WORK ORDER ▸
Every line of the data is to be transcribed as it stands.
___ EXERCISE MATERIAL ___
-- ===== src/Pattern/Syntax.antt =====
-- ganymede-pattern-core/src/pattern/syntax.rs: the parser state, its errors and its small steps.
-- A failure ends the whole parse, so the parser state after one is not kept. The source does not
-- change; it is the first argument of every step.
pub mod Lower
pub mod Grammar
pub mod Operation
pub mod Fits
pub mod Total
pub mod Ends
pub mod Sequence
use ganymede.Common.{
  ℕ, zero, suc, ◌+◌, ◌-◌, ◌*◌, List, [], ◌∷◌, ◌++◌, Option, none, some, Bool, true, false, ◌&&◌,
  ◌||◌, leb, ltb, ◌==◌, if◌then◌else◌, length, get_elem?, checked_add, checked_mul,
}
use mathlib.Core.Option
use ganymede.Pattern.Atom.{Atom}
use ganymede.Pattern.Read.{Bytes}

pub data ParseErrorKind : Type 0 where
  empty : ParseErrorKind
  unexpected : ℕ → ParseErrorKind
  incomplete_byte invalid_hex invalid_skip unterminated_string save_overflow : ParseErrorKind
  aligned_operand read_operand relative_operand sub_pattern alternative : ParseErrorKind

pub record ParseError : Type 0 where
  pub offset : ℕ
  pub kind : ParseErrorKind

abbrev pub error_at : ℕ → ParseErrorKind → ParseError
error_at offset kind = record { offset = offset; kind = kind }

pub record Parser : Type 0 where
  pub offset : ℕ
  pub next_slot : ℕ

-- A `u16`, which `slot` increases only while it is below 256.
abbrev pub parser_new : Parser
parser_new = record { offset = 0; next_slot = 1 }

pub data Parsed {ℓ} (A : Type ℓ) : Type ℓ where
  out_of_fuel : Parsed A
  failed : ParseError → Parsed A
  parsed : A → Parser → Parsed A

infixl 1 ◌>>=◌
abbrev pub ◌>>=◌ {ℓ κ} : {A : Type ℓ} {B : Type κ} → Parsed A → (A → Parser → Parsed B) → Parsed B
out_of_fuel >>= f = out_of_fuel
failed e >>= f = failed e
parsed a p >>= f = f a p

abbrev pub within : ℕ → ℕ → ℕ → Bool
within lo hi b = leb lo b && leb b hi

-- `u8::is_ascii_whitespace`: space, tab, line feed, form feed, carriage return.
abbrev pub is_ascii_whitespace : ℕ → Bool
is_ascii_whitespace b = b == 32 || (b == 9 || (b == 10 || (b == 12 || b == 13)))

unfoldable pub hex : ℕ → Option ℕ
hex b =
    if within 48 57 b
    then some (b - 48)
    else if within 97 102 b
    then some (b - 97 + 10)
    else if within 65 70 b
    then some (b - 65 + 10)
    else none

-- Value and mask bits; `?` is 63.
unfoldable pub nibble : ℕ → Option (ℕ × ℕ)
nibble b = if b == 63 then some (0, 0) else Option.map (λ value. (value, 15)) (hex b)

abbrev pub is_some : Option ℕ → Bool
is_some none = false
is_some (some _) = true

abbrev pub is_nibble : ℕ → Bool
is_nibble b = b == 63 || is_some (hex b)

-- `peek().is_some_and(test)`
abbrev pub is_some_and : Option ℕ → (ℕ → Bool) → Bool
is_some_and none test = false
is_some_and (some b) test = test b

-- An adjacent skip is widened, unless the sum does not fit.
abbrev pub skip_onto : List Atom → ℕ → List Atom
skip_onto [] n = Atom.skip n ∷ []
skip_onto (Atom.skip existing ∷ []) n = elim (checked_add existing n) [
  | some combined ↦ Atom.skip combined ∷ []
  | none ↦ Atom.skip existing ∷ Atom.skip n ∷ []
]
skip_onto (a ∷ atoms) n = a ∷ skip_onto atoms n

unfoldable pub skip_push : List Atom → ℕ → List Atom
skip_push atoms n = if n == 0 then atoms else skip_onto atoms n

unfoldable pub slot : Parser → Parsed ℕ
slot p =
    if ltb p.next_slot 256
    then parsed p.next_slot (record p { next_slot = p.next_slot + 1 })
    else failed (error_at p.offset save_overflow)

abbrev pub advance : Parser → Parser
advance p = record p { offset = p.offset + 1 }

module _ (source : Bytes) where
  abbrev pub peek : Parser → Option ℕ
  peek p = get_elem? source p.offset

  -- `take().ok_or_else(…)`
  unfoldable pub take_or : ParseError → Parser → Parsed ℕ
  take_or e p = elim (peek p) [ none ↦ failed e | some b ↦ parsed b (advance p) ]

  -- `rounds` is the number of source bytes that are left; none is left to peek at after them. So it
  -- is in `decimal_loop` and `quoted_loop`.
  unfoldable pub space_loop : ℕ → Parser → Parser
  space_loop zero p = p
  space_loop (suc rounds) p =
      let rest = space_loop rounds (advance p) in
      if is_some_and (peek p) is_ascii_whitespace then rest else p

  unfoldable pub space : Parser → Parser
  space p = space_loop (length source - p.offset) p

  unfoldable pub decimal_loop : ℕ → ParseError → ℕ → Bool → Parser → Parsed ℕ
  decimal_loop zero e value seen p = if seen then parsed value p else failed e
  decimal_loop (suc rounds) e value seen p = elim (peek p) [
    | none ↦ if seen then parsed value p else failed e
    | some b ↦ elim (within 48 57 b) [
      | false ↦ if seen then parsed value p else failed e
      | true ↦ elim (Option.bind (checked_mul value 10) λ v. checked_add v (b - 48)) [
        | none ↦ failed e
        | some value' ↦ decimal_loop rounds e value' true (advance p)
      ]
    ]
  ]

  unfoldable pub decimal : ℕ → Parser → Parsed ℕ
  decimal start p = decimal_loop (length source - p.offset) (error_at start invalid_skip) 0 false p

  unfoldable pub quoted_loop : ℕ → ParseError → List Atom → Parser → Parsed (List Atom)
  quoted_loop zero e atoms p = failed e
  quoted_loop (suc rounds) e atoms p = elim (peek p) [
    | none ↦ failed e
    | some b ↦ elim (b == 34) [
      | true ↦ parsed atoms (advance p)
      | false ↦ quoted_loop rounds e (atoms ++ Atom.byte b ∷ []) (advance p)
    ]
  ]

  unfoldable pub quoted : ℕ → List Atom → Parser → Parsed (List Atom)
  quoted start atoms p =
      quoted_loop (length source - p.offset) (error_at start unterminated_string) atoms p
___
RESULT FOR THIS EXERCISE ▸
-- ===== src/Pattern/Syntax.antt =====
-- ganymede-pattern-core/src/pattern/syntax.rs: the parser state, its errors and its small steps.
-- A failure ends the whole parse, so the parser state after one is not kept. The source does not
-- change; it is the first argument of every step.
pub mod Lower
pub mod Grammar
pub mod Operation
pub mod Fits
pub mod Total
pub mod Ends
pub mod Sequence
use ganymede.Common.{
  ℕ, zero, suc, ◌+◌, ◌-◌, ◌*◌, List, [], ◌∷◌, ◌++◌, Option, none, some, Bool, true, false, ◌&&◌,
  ◌||◌, leb, ltb, ◌==◌, if◌then◌else◌, length, get_elem?, checked_add, checked_mul,
}
use mathlib.Core.Option
use ganymede.Pattern.Atom.{Atom}
use ganymede.Pattern.Read.{Bytes}

pub data ParseErrorKind : Type 0 where
  empty : ParseErrorKind
  unexpected : ℕ → ParseErrorKind
  incomplete_byte invalid_hex invalid_skip unterminated_string save_overflow : ParseErrorKind
  aligned_operand read_operand relative_operand sub_pattern alternative : ParseErrorKind

pub record ParseError : Type 0 where
  pub offset : ℕ
  pub kind : ParseErrorKind

abbrev pub error_at : ℕ → ParseErrorKind → ParseError
error_at offset kind = record { offset = offset; kind = kind }

pub record Parser : Type 0 where
  pub offset : ℕ
  pub next_slot : ℕ

-- A `u16`, which `slot` increases only while it is below 256.
abbrev pub parser_new : Parser
parser_new = record { offset = 0; next_slot = 1 }

pub data Parsed {ℓ} (A : Type ℓ) : Type ℓ where
  out_of_fuel : Parsed A
  failed : ParseError → Parsed A
  parsed : A → Parser → Parsed A

infixl 1 ◌>>=◌
abbrev pub ◌>>=◌ {ℓ κ} : {A : Type ℓ} {B : Type κ} → Parsed A → (A → Parser → Parsed B) → Parsed B
out_of_fuel >>= f = out_of_fuel
failed e >>= f = failed e
parsed a p >>= f = f a p

abbrev pub within : ℕ → ℕ → ℕ → Bool
within lo hi b = leb lo b && leb b hi

-- `u8::is_ascii_whitespace`: space, tab, line feed, form feed, carriage return.
abbrev pub is_ascii_whitespace : ℕ → Bool
is_ascii_whitespace b = b == 32 || (b == 9 || (b == 10 || (b == 12 || b == 13)))

unfoldable pub hex : ℕ → Option ℕ
hex b =
    if within 48 57 b
    then some (b - 48)
    else if within 97 102 b
    then some (b - 97 + 10)
    else if within 65 70 b
    then some (b - 65 + 10)
    else none

-- Value and mask bits; `?` is 63.
unfoldable pub nibble : ℕ → Option (ℕ × ℕ)
nibble b = if b == 63 then some (0, 0) else Option.map (λ value. (value, 15)) (hex b)

abbrev pub is_some : Option ℕ → Bool
is_some none = false
is_some (some _) = true

abbrev pub is_nibble : ℕ → Bool
is_nibble b = b == 63 || is_some (hex b)

-- `peek().is_some_and(test)`
abbrev pub is_some_and : Option ℕ → (ℕ → Bool) → Bool
is_some_and none test = false
is_some_and (some b) test = test b

-- An adjacent skip is widened, unless the sum does not fit.
abbrev pub skip_onto : List Atom → ℕ → List Atom
skip_onto [] n = Atom.skip n ∷ []
skip_onto (Atom.skip existing ∷ []) n = elim (checked_add existing n) [
  | some combined ↦ Atom.skip combined ∷ []
  | none ↦ Atom.skip existing ∷ Atom.skip n ∷ []
]
skip_onto (a ∷ atoms) n = a ∷ skip_onto atoms n

unfoldable pub skip_push : List Atom → ℕ → List Atom
skip_push atoms n = if n == 0 then atoms else skip_onto atoms n

unfoldable pub slot : Parser → Parsed ℕ
slot p =
    if ltb p.next_slot 256
    then parsed p.next_slot (record p { next_slot = p.next_slot + 1 })
    else failed (error_at p.offset save_overflow)

abbrev pub advance : Parser → Parser
advance p = record p { offset = p.offset + 1 }

module _ (source : Bytes) where
  abbrev pub peek : Parser → Option ℕ
  peek p = get_elem? source p.offset

  -- `take().ok_or_else(…)`
  unfoldable pub take_or : ParseError → Parser → Parsed ℕ
  take_or e p = elim (peek p) [ none ↦ failed e | some b ↦ parsed b (advance p) ]

  -- `rounds` is the number of source bytes that are left; none is left to peek at after them. So it
  -- is in `decimal_loop` and `quoted_loop`.
  unfoldable pub space_loop : ℕ → Parser → Parser
  space_loop zero p = p
  space_loop (suc rounds) p =
      let rest = space_loop rounds (advance p) in
      if is_some_and (peek p) is_ascii_whitespace then rest else p

  unfoldable pub space : Parser → Parser
  space p = space_loop (length source - p.offset) p

  unfoldable pub decimal_loop : ℕ → ParseError → ℕ → Bool → Parser → Parsed ℕ
  decimal_loop zero e value seen p = if seen then parsed value p else failed e
  decimal_loop (suc rounds) e value seen p = elim (peek p) [
    | none ↦ if seen then parsed value p else failed e
    | some b ↦ elim (within 48 57 b) [
      | false ↦ if seen then parsed value p else failed e
      | true ↦ elim (Option.bind (checked_mul value 10) λ v. checked_add v (b - 48)) [
        | none ↦ failed e
        | some value' ↦ decimal_loop rounds e value' true (advance p)
      ]
    ]
  ]

  unfoldable pub decimal : ℕ → Parser → Parsed ℕ
  decimal start p = decimal_loop (length source - p.offset) (error_at start invalid_skip) 0 false p

  unfoldable pub quoted_loop : ℕ → ParseError → List Atom → Parser → Parsed (List Atom)
  quoted_loop zero e atoms p = failed e
  quoted_loop (suc rounds) e atoms p = elim (peek p) [
    | none ↦ failed e
    | some b ↦ elim (b == 34) [
      | true ↦ parsed atoms (advance p)
      | false ↦ quoted_loop rounds e (atoms ++ Atom.byte b ∷ []) (advance p)
    ]
  ]

  unfoldable pub quoted : ℕ → List Atom → Parser → Parsed (List Atom)
  quoted start atoms p =
      quoted_loop (length source - p.offset) (error_at start unterminated_string) atoms p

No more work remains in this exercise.